**Exercise objective**
Show all lines below holding the string "cases".

--- Extracted entries ---

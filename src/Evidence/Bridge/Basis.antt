-- ===== src/Evidence/Bridge/Basis.antt =====
-- A bridge stands on evidence of its kind.
use rintel_core.Prelude.{
  ◌≡◌, ◌≢◌, String, true, false, some, all, All, all-All, ok, arith, eq_iff, string_eq,
  Option-cases, Bool-cases, inl, inr,
}
use rintel_core.Prelude.Json.{Fields}
use rintel_core.Evidence.Bridge.{
  CrossLanguageBridge, bridge_kind, required_provenance, has_value, validate_bridge,
}

-- A bridge is issued only between two different and non-empty ends, on an approved basis, and with
-- a value that is not empty for each entry that this basis requires. It keeps the ends and the
-- entries, and it merges no identities.
pub validate_bridge-ok :
    (source_ref target_ref basis : String) (provenance : Fields) (b : CrossLanguageBridge)
    → validate_bridge source_ref target_ref basis provenance ≡ ok b
    → (bridge_kind basis ≡ some b.basis)
      × (source_ref ≢ "")
      × (target_ref ≢ "")
      × (source_ref ≢ target_ref)
      × All (λ k. has_value provenance k ≡ true) (required_provenance b.basis)
      × (b.source_ref ≡ source_ref)
      × (b.target_ref ≡ target_ref)
      × (b.provenance ≡ provenance)
      × (b.identity_merged ≡ false)
unfolding validate_bridge
validate_bridge-ok s t k p b h = elim (Option-cases (bridge_kind k)) [
  | inl e ↦ absurd (ground (arith, h, e))
  | inr (kind, e) ↦ elim (Bool-cases (all (has_value p) (required_provenance kind))) [
    | inl a ↦
        let same : kind ≡ b.basis = ground (arith, h, e, a) in
        let present = all-All (has_value p) (required_provenance kind) a in
        (
          ground (arith, e, same),
          ground (arith, h, e, eq_iff s ""),
          ground (arith, h, e, eq_iff t ""),
          ground (arith, h, e, eq_iff s t),
          rw (← same) present,
          ground (arith, h, e),
          ground (arith, h, e),
          ground (arith, h, e),
          ground (arith, h, e),
        )
    | inr a ↦ absurd (ground (arith, h, e, a))
  ]
]
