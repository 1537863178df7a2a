-- ===== src/Evidence/Candidate/Publishable.antt =====
-- The two tests of a provider's result, one a value and one an error.
use rintel_core.Prelude.{◌≡◌, refl, true, List, [], ◌∷◌, all, ok, arith, ◌↔◌, string_eq}
use rintel_core.Evidence.Candidate.{
  EvidenceCandidate, ProviderResult, fact_matches, is_empty, mismatches, publishable,
  require_publishable,
}

is_empty-mismatches :
    (r : ProviderResult) (fs : List EvidenceCandidate)
    → is_empty (mismatches r fs) ≡ all (fact_matches r) fs
is_empty-mismatches r [] = refl
is_empty-mismatches r (f ∷ fs) = ground (arith, is_empty-mismatches r fs)

-- A result passes the test that raises if and only if the property says that it is publishable.
pub require_publishable-publishable :
    (r : ProviderResult) → (require_publishable r ≡ ok tt) ↔ (publishable r ≡ true)
unfolding require_publishable publishable
require_publishable-publishable r = ground (arith, is_empty-mismatches r r.facts)
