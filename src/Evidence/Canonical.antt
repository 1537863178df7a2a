-- ===== src/Evidence/Canonical.antt =====
-- rintel/provider_arch/canonical.py: reconciliation of admitted candidates.
pub mod Identity
pub mod Reconcile
pub mod Fates
pub mod Accounts
pub mod Agreement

---

**Answer to this task**
  Option-cases, Bool-cases, inl, inr,
validate_bridge-ok s t k p b h = elim (Option-cases (bridge_kind k)) [
  | inr (kind, e) ↦ elim (Bool-cases (all (has_value p) (required_provenance kind))) [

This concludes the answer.